How to complete this task: Could you output, exactly and with nothing else, every line from the one that contains "write_strings [] = ok []" through the last line of the listing below?

Information given:
-- ===== src/Frame.antt =====
-- The CQL binary protocol: scylla-cql/src/frame.
pub mod Consistency
pub mod DbError
pub mod ErrorResponse
pub mod Wire
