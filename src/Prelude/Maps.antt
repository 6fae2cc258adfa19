-- ===== src/Prelude/Maps.antt =====
-- A hash map with numeric keys, seen through its lookups: the code never relies on the order of
-- the entries of such a map.
use Prim.Native.Nat.{ℕ}
use mathlib.Core.Option.{Option, none, some}
use scylla_rust_driver.Prelude.Tests.{◌==◌, if◌then◌else◌}

abbrev pub FunMap {ℓ} : Type ℓ → Type ℓ
FunMap V = ℕ → Option V

module _ {ℓ} {V : Type ℓ} where
  abbrev pub empty_map : FunMap V
  empty_map _ = none

  -- `HashMap::insert` and `HashMap::remove`, without the value that they return.
  abbrev pub insert_map : ℕ → V → FunMap V → FunMap V
  insert_map k v m j = if j == k then some v else m j

  abbrev pub remove_map : ℕ → FunMap V → FunMap V
  remove_map k m j = if j == k then none else m j
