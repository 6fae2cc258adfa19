-- ===== src/Prelude/Results.antt =====
-- `Result<T, E>`, with `?` as the bind of a do block.
pub data Result {ℓ κ} (E : Type κ) (A : Type ℓ) : Type (ℓ ⊔ κ) where
  err : E → Result E A
  ok : A → Result E A

module _ {ℓ κ μ} {E : Type κ} {A : Type ℓ} where
  -- `Result::map_err`.
  abbrev pub map_err : {F : Type μ} → (E → F) → Result E A → Result F A
  map_err g (err x) = err (g x)
  map_err g (ok v) = ok v

  infixl 5 ◌>>=◌
  abbrev pub ◌>>=◌ : {B : Type μ} → Result E A → (A → Result E B) → Result E B
  err x >>= next = err x
  ok v >>= next = next v
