-- ===== src/Frame/Consistency.antt =====
-- The consistency levels of scylla-cql/src/frame/types.rs and their numbers on the wire.
use scylla_rust_driver.Prelude.{ℕ, Bool, true, false, ◌==◌, if◌then◌else◌, Result, ok, err}

pub data Consistency : Type 0 where
  any one two three quorum all local_quorum each_quorum local_one serial local_serial : Consistency

pub data SerialConsistency : Type 0 where
  serial local_serial : SerialConsistency

-- `enum_name` is a constant of each conversion and is left out.
pub record TryFromPrimitiveError : Type 0 where
  pub primitive : ℕ

-- `c as u16`: the discriminants that the enum declares.
unfoldable pub as_u16 : Consistency → ℕ
as_u16 Consistency.any = 0x0000
as_u16 Consistency.one = 0x0001
as_u16 Consistency.two = 0x0002
as_u16 Consistency.three = 0x0003
as_u16 Consistency.quorum = 0x0004
as_u16 Consistency.all = 0x0005
as_u16 Consistency.local_quorum = 0x0006
as_u16 Consistency.each_quorum = 0x0007
as_u16 Consistency.local_one = 0x000a
as_u16 Consistency.serial = 0x0008
as_u16 Consistency.local_serial = 0x0009

unfoldable pub serial_as_u16 : SerialConsistency → ℕ
serial_as_u16 SerialConsistency.serial = 0x0008
serial_as_u16 SerialConsistency.local_serial = 0x0009

-- `Consistency::try_from(u16)`.
unfoldable pub consistency_try_from : ℕ → Result TryFromPrimitiveError Consistency
consistency_try_from value =
    if value == 0x0000
    then ok Consistency.any
    else if value == 0x0001
    then ok Consistency.one
    else if value == 0x0002
    then ok Consistency.two
    else if value == 0x0003
    then ok Consistency.three
    else if value == 0x0004
    then ok Consistency.quorum
    else if value == 0x0005
    then ok Consistency.all
    else if value == 0x0006
    then ok Consistency.local_quorum
    else if value == 0x0007
    then ok Consistency.each_quorum
    else if value == 0x000a
    then ok Consistency.local_one
    else if value == 0x0008
    then ok Consistency.serial
    else if value == 0x0009
    then ok Consistency.local_serial
    else err (record { primitive = value })

-- `SerialConsistency::try_from(i16)`; every value but the two is refused, negative ones too.
unfoldable pub serial_try_from : ℕ → Result TryFromPrimitiveError SerialConsistency
serial_try_from value =
    if value == 0x0008
    then ok SerialConsistency.serial
    else if value == 0x0009
    then ok SerialConsistency.local_serial
    else err (record { primitive = value })

unfoldable pub is_serial : Consistency → Bool
is_serial Consistency.serial = true
is_serial Consistency.local_serial = true
is_serial _ = false

-- `SerialConsistency::try_from(Consistency)`; the error carries the level.
unfoldable pub to_serial : Consistency → Result Consistency SerialConsistency
to_serial Consistency.serial = ok SerialConsistency.serial
to_serial Consistency.local_serial = ok SerialConsistency.local_serial
to_serial c = err c
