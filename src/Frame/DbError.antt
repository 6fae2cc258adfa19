-- ===== src/Frame/DbError.antt =====
-- The server's errors: `DbError`, `OperationType` and `WriteType` of
-- scylla-cql/src/frame/response/error.rs. Texts are their bytes.
use scylla_rust_driver.Prelude.{ℕ, Bool, true, false, List, Option, some, if◌then◌else◌, ◌==◌}
use scylla_rust_driver.Prelude.Int.{ℤ, pos}
use scylla_rust_driver.Prelude.Bytes.{codes, bytes_eq}
use scylla_rust_driver.Frame.Consistency.{Consistency}

pub data OperationType : Type 0 where
  read write : OperationType
  other : ℕ → OperationType

pub data WriteType : Type 0 where
  simple batch unlogged_batch counter batch_log cas view cdc : WriteType
  other : List ℕ → WriteType

pub data DbError : Type 0 where
  syntax_error invalid : DbError
  already_exists : (keyspace table : List ℕ) → DbError
  function_failure : (keyspace function : List ℕ) → (arg_types : List (List ℕ)) → DbError
  authentication_error unauthorized config_error : DbError
  unavailable : (consistency : Consistency) → (required alive : ℤ) → DbError
  overloaded is_bootstrapping truncate_error : DbError
  read_timeout : Consistency → (received required : ℤ) → (data_present : Bool) → DbError
  write_timeout : Consistency → (received required : ℤ) → WriteType → DbError
  read_failure : Consistency → (received required numfailures : ℤ) → (data_present : Bool) → DbError
  write_failure : Consistency → (received required numfailures : ℤ) → WriteType → DbError
  unprepared : (statement_id : List ℕ) → DbError
  server_error protocol_error : DbError
  rate_limit_reached : OperationType → (rejected_by_coordinator : Bool) → DbError
  other : ℤ → DbError

-- `OperationType::from(u8)`.
unfoldable pub operation_type_from : ℕ → OperationType
operation_type_from b =
    if b == 0
    then OperationType.read
    else if b == 1
    then OperationType.write
    else OperationType.other b

-- `WriteType::from(&str)`.
unfoldable pub write_type_from : List ℕ → WriteType
unfolding bytes_eq
write_type_from s =
    if bytes_eq s (codes "SIMPLE")
    then WriteType.simple
    else if bytes_eq s (codes "BATCH")
    then WriteType.batch
    else if bytes_eq s (codes "UNLOGGED_BATCH")
    then WriteType.unlogged_batch
    else if bytes_eq s (codes "COUNTER")
    then WriteType.counter
    else if bytes_eq s (codes "BATCH_LOG")
    then WriteType.batch_log
    else if bytes_eq s (codes "CAS")
    then WriteType.cas
    else if bytes_eq s (codes "VIEW")
    then WriteType.view
    else if bytes_eq s (codes "CDC")
    then WriteType.cdc
    else WriteType.other s

-- `WriteType::as_str`.
unfoldable pub as_str : WriteType → List ℕ
as_str WriteType.simple = codes "SIMPLE"
as_str WriteType.batch = codes "BATCH"
as_str WriteType.unlogged_batch = codes "UNLOGGED_BATCH"
as_str WriteType.counter = codes "COUNTER"
as_str WriteType.batch_log = codes "BATCH_LOG"
as_str WriteType.cas = codes "CAS"
as_str WriteType.view = codes "VIEW"
as_str WriteType.cdc = codes "CDC"
as_str (WriteType.other s) = s

-- `DbError::code`, given the negotiated `ProtocolFeatures::rate_limit_error`. `none` is the panic
-- of `unwrap` on a rate limit error that was not negotiated.
unfoldable pub db_error_code : DbError → Option ℤ → Option ℤ
db_error_code DbError.server_error rate_limit = some (pos 0x0000)
db_error_code DbError.protocol_error rate_limit = some (pos 0x000a)
db_error_code DbError.authentication_error rate_limit = some (pos 0x0100)
db_error_code (DbError.unavailable _ _ _) rate_limit = some (pos 0x1000)
db_error_code DbError.overloaded rate_limit = some (pos 0x1001)
db_error_code DbError.is_bootstrapping rate_limit = some (pos 0x1002)
db_error_code DbError.truncate_error rate_limit = some (pos 0x1003)
db_error_code (DbError.write_timeout _ _ _ _) rate_limit = some (pos 0x1100)
db_error_code (DbError.read_timeout _ _ _ _) rate_limit = some (pos 0x1200)
db_error_code (DbError.read_failure _ _ _ _ _) rate_limit = some (pos 0x1300)
db_error_code (DbError.function_failure _ _ _) rate_limit = some (pos 0x1400)
db_error_code (DbError.write_failure _ _ _ _ _) rate_limit = some (pos 0x1500)
db_error_code DbError.syntax_error rate_limit = some (pos 0x2000)
db_error_code DbError.unauthorized rate_limit = some (pos 0x2100)
db_error_code DbError.invalid rate_limit = some (pos 0x2200)
db_error_code DbError.config_error rate_limit = some (pos 0x2300)
db_error_code (DbError.already_exists _ _) rate_limit = some (pos 0x2400)
db_error_code (DbError.unprepared _) rate_limit = some (pos 0x2500)
db_error_code (DbError.other code) rate_limit = some code
db_error_code (DbError.rate_limit_reached _ _) rate_limit = rate_limit

-- `DbError::can_speculative_retry`.
unfoldable pub can_speculative_retry : DbError → Bool
can_speculative_retry DbError.syntax_error = false
can_speculative_retry DbError.invalid = false
can_speculative_retry (DbError.already_exists _ _) = false
can_speculative_retry DbError.unauthorized = false
can_speculative_retry DbError.protocol_error = false
can_speculative_retry DbError.authentication_error = false
can_speculative_retry (DbError.other _) = false
can_speculative_retry (DbError.function_failure _ _ _) = false
can_speculative_retry DbError.config_error = false
can_speculative_retry DbError.truncate_error = false
can_speculative_retry (DbError.unavailable _ _ _) = true
can_speculative_retry DbError.overloaded = true
can_speculative_retry DbError.is_bootstrapping = true
can_speculative_retry (DbError.read_timeout _ _ _ _) = true
can_speculative_retry (DbError.write_timeout _ _ _ _) = true
can_speculative_retry (DbError.read_failure _ _ _ _ _) = true
can_speculative_retry (DbError.write_failure _ _ _ _ _) = true
can_speculative_retry (DbError.unprepared _) = true
can_speculative_retry DbError.server_error = true
can_speculative_retry (DbError.rate_limit_reached _ _) = true
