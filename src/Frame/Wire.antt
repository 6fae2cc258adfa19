-- ===== src/Frame/Wire.antt =====
-- Reading and writing the primitive types of the protocol: scylla-cql/src/frame/types.rs. A reader
-- takes the bytes left and gives a value with the bytes after it; a writer gives the bytes which
-- it appends. What a failed call leaves of the buffer is left out.
pub mod Lengths
pub mod Strings
pub mod Inet
pub mod Examples
use scylla_rust_driver.Prelude.{
  ℕ, zero, suc, ◌+◌, ◌-◌, ◌%◌, ◌^◌, Bool, true, false, ◌&&◌, Option, none, some, List, [], ◌∷◌,
  ◌++◌, if◌then◌else◌, ltb, leb, ◌==◌, length, take, drop, Result, ok, err, map_err, ◌>>=◌,
}
use scylla_rust_driver.Prelude.Int.{ℤ, pos, negsuc}
use scylla_rust_driver.Frame.Consistency.{
  Consistency, SerialConsistency, TryFromPrimitiveError, as_u16, serial_as_u16,
  consistency_try_from,
}

-- What the crates `byteorder` and `bytes` do with big-endian integers: each reader gives the
-- number and the bytes after it, or `none` for the error on too few bytes.
pub record BigEndian : Type 0 where
  pub get_byte : List ℕ → Option (ℕ × List ℕ)
  pub get_short : List ℕ → Option (ℕ × List ℕ)
  pub get_int : List ℕ → Option (ℤ × List ℕ)
  pub get_long : List ℕ → Option (ℤ × List ℕ)
  pub put_byte : ℕ → List ℕ
  pub put_short : ℕ → List ℕ
  pub put_int : ℤ → List ℕ
  pub put_long : ℤ → List ℕ

-- The causes of the errors; an `io::Error` is always the one on too few bytes.
pub data LowLevelDeserializationError : Type 0 where
  io_error try_from_int_error utf8_error : LowLevelDeserializationError
  too_few_bytes_received : (expected received : ℕ) → LowLevelDeserializationError
  invalid_value_length : ℤ → LowLevelDeserializationError
  unknown_consistency : TryFromPrimitiveError → LowLevelDeserializationError
  invalid_inet_length : ℕ → LowLevelDeserializationError

pub data TryFromIntError : Type 0 where
  out_of_range : TryFromIntError

pub data RawValue : Type 0 where
  null unset : RawValue
  value : List ℕ → RawValue

unfoldable pub as_value : RawValue → Option (List ℕ)
as_value (RawValue.value v) = some v
as_value _ = none

abbrev pub Read : Type 0 → Type 0
Read A = Result LowLevelDeserializationError (A × List ℕ)

abbrev pub Written : Type 0
Written = Result TryFromIntError (List ℕ)

-- `?` on an `io::Error`.
abbrev pub or_io_error {ℓ} : {A : Type ℓ} → Option A → Result LowLevelDeserializationError A
or_io_error none = err LowLevelDeserializationError.io_error
or_io_error (some v) = ok v

unfoldable pub read_raw_bytes : ℕ → List ℕ → Read (List ℕ)
read_raw_bytes count buf =
    if ltb (length buf) count
    then err (LowLevelDeserializationError.too_few_bytes_received count (length buf))
    else ok (take count buf, drop count buf)

-- `str::from_utf8`: how many bytes a lead byte wants, with the bounds of the first of them, after
-- table 3-7 of the Unicode standard.
unfoldable pub lead : ℕ → Option (ℕ × ℕ × ℕ)
lead b =
    if leb b 0x7f
    then some (0, 0x80, 0xbf)
    else if leb b 0xc1
    then none
    else if leb b 0xdf
    then some (1, 0x80, 0xbf)
    else if b == 0xe0
    then some (2, 0xa0, 0xbf)
    else if b == 0xed
    then some (2, 0x80, 0x9f)
    else if leb b 0xef
    then some (2, 0x80, 0xbf)
    else if b == 0xf0
    then some (3, 0x90, 0xbf)
    else if leb b 0xf3
    then some (3, 0x80, 0xbf)
    else if b == 0xf4
    then some (3, 0x80, 0x8f)
    else none

unfoldable pub scan_utf8 : ℕ → ℕ → ℕ → List ℕ → Bool
unfolding lead
scan_utf8 zero low high [] = true
scan_utf8 (suc n) low high [] = false
scan_utf8 zero low high (b ∷ bs) = elim (lead b) [
  | none ↦ false
  | some (n, first_low, first_high) ↦ scan_utf8 n first_low first_high bs
]
scan_utf8 (suc n) low high (b ∷ bs) = leb low b && leb b high && scan_utf8 n 0x80 0xbf bs

abbrev pub is_utf8 : List ℕ → Bool
is_utf8 bytes = scan_utf8 0 0 0 bytes

-- A text is its bytes.
unfoldable pub from_utf8 : List ℕ → Result LowLevelDeserializationError (List ℕ)
from_utf8 raw = if is_utf8 raw then ok raw else err LowLevelDeserializationError.utf8_error

-- `usize::try_from(i32)` and back, and `u16::try_from(usize)`.
unfoldable pub to_usize : ℤ → Result LowLevelDeserializationError ℕ
to_usize (pos n) = ok n
to_usize (negsuc n) = err LowLevelDeserializationError.try_from_int_error

unfoldable pub to_i32 : ℕ → Result TryFromIntError ℤ
to_i32 n = if ltb n (2 ^ 31) then ok (pos n) else err TryFromIntError.out_of_range

unfoldable pub to_u16 : ℕ → Result TryFromIntError ℕ
to_u16 n = if ltb n (2 ^ 16) then ok n else err TryFromIntError.out_of_range

-- A result with the rest of the buffer.
abbrev pub at_rest : {A : Type 0} → List ℕ → Result LowLevelDeserializationError A → Read A
at_rest rest (err e) = err e
at_rest rest (ok v) = ok (v, rest)

module _ (w : BigEndian) where
  unfoldable pub read_int : List ℕ → Read ℤ
  read_int buf = or_io_error (w.get_int buf)

  unfoldable pub write_int : ℤ → List ℕ
  write_int v = w.put_int v

  unfoldable pub read_int_length : List ℕ → Read ℕ
  read_int_length buf = read_int buf >>= λ (v, rest). at_rest rest (to_usize v)

  unfoldable pub write_int_length : ℕ → Written
  write_int_length v = to_i32 v >>= λ n. ok (write_int n)

  unfoldable pub read_long : List ℕ → Read ℤ
  read_long buf = or_io_error (w.get_long buf)

  unfoldable pub write_long : ℤ → List ℕ
  write_long v = w.put_long v

  unfoldable pub read_short : List ℕ → Read ℕ
  read_short buf = or_io_error (w.get_short buf)

  unfoldable pub write_short : ℕ → List ℕ
  write_short v = w.put_short v

  unfoldable pub read_short_length : List ℕ → Read ℕ
  read_short_length buf = read_short buf

  unfoldable pub write_short_length : ℕ → Written
  write_short_length v = to_u16 v >>= λ n. ok (write_short n)

  unfoldable pub read_bytes_opt : List ℕ → Read (Option (List ℕ))
  read_bytes_opt buf = read_int buf >>= λ (len, rest). elim len [
    | negsuc _ ↦ ok (none, rest)
    | pos n ↦ read_raw_bytes n rest >>= λ (v, rest'). ok (some v, rest')
  ]

  unfoldable pub read_bytes : List ℕ → Read (List ℕ)
  read_bytes buf = read_int_length buf >>= λ (len, rest). read_raw_bytes len rest

  unfoldable pub read_value : List ℕ → Read RawValue
  read_value buf = read_int buf >>= λ (len, rest). elim len [
    | negsuc n ↦
        if n == 1
        then ok (RawValue.unset, rest)
        else if n == 0
        then ok (RawValue.null, rest)
        else err (LowLevelDeserializationError.invalid_value_length (negsuc n))
    | pos n ↦ read_raw_bytes n rest >>= λ (v, rest'). ok (RawValue.value v, rest')
  ]

  unfoldable pub read_short_bytes : List ℕ → Read (List ℕ)
  read_short_bytes buf = read_short_length buf >>= λ (len, rest). read_raw_bytes len rest

  unfoldable pub write_bytes : List ℕ → Written
  write_bytes v = write_int_length (length v) >>= λ len. ok (len ++ v)

  unfoldable pub write_bytes_opt : Option (List ℕ) → Written
  write_bytes_opt (some bytes) = write_int_length (length bytes) >>= λ len. ok (len ++ bytes)
  write_bytes_opt none = ok (write_int (negsuc 0))

  unfoldable pub write_short_bytes : List ℕ → Written
  write_short_bytes v = write_short_length (length v) >>= λ len. ok (len ++ v)

  unfoldable pub read_string : List ℕ → Read (List ℕ)
  read_string buf = read_short_length buf >>= λ (len, rest).
      read_raw_bytes len rest >>= λ (raw, rest'). at_rest rest' (from_utf8 raw)

  unfoldable pub write_string : List ℕ → Written
  write_string v = write_short_length (length v) >>= λ len. ok (len ++ v)

  unfoldable pub read_long_string : List ℕ → Read (List ℕ)
  read_long_string buf = read_int_length buf >>= λ (len, rest).
      read_raw_bytes len rest >>= λ (raw, rest'). at_rest rest' (from_utf8 raw)

  unfoldable pub write_long_string : List ℕ → Written
  write_long_string v = write_int_length (length v) >>= λ len. ok (len ++ v)

  -- The loop of `read_string_list`, and the one of `write_string_list`.
  unfoldable pub read_strings : ℕ → List ℕ → Read (List (List ℕ))
  read_strings zero buf = ok ([], buf)
  read_strings (suc n) buf =
      read_string buf >>= λ (v, rest). read_strings n rest >>= λ (vs, rest'). ok (v ∷ vs, rest')

  unfoldable pub read_string_list : List ℕ → Read (List (List ℕ))
  read_string_list buf = read_short_length buf >>= λ (len, rest). read_strings len rest

  unfoldable pub write_strings : List (List ℕ) → Written
  write_strings [] = ok []
  write_strings (v ∷ vs) =
      write_string v >>= λ first. write_strings vs >>= λ others. ok (first ++ others)

  unfoldable pub write_string_list : List (List ℕ) → Written
  write_string_list v =
      write_short_length (length v) >>= λ len. write_strings v >>= λ strings. ok (len ++ strings)

  -- A `Uuid` is its 16 bytes.
  unfoldable pub read_uuid : List ℕ → Read (List ℕ)
  read_uuid buf = read_raw_bytes 16 buf

  unfoldable pub write_uuid : List ℕ → List ℕ
  write_uuid uuid = uuid

  unfoldable pub read_consistency : List ℕ → Read Consistency
  read_consistency buf = read_short buf >>= λ (raw, rest).
      at_rest rest
        (map_err LowLevelDeserializationError.unknown_consistency (consistency_try_from raw))

  unfoldable pub write_consistency : Consistency → List ℕ
  write_consistency c = write_short (as_u16 c)

  unfoldable pub write_serial_consistency : SerialConsistency → List ℕ
  write_serial_consistency c = write_short (serial_as_u16 c)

Result of the exercise:
  write_strings [] = ok []
  write_strings (v ∷ vs) =
      write_string v >>= λ first. write_strings vs >>= λ others. ok (first ++ others)

  unfoldable pub write_string_list : List (List ℕ) → Written
  write_string_list v =
      write_short_length (length v) >>= λ len. write_strings v >>= λ strings. ok (len ++ strings)

  -- A `Uuid` is its 16 bytes.
  unfoldable pub read_uuid : List ℕ → Read (List ℕ)
  read_uuid buf = read_raw_bytes 16 buf

  unfoldable pub write_uuid : List ℕ → List ℕ
  write_uuid uuid = uuid

  unfoldable pub read_consistency : List ℕ → Read Consistency
  read_consistency buf = read_short buf >>= λ (raw, rest).
      at_rest rest
        (map_err LowLevelDeserializationError.unknown_consistency (consistency_try_from raw))

  unfoldable pub write_consistency : Consistency → List ℕ
  write_consistency c = write_short (as_u16 c)

  unfoldable pub write_serial_consistency : SerialConsistency → List ℕ
  write_serial_consistency c = write_short (serial_as_u16 c)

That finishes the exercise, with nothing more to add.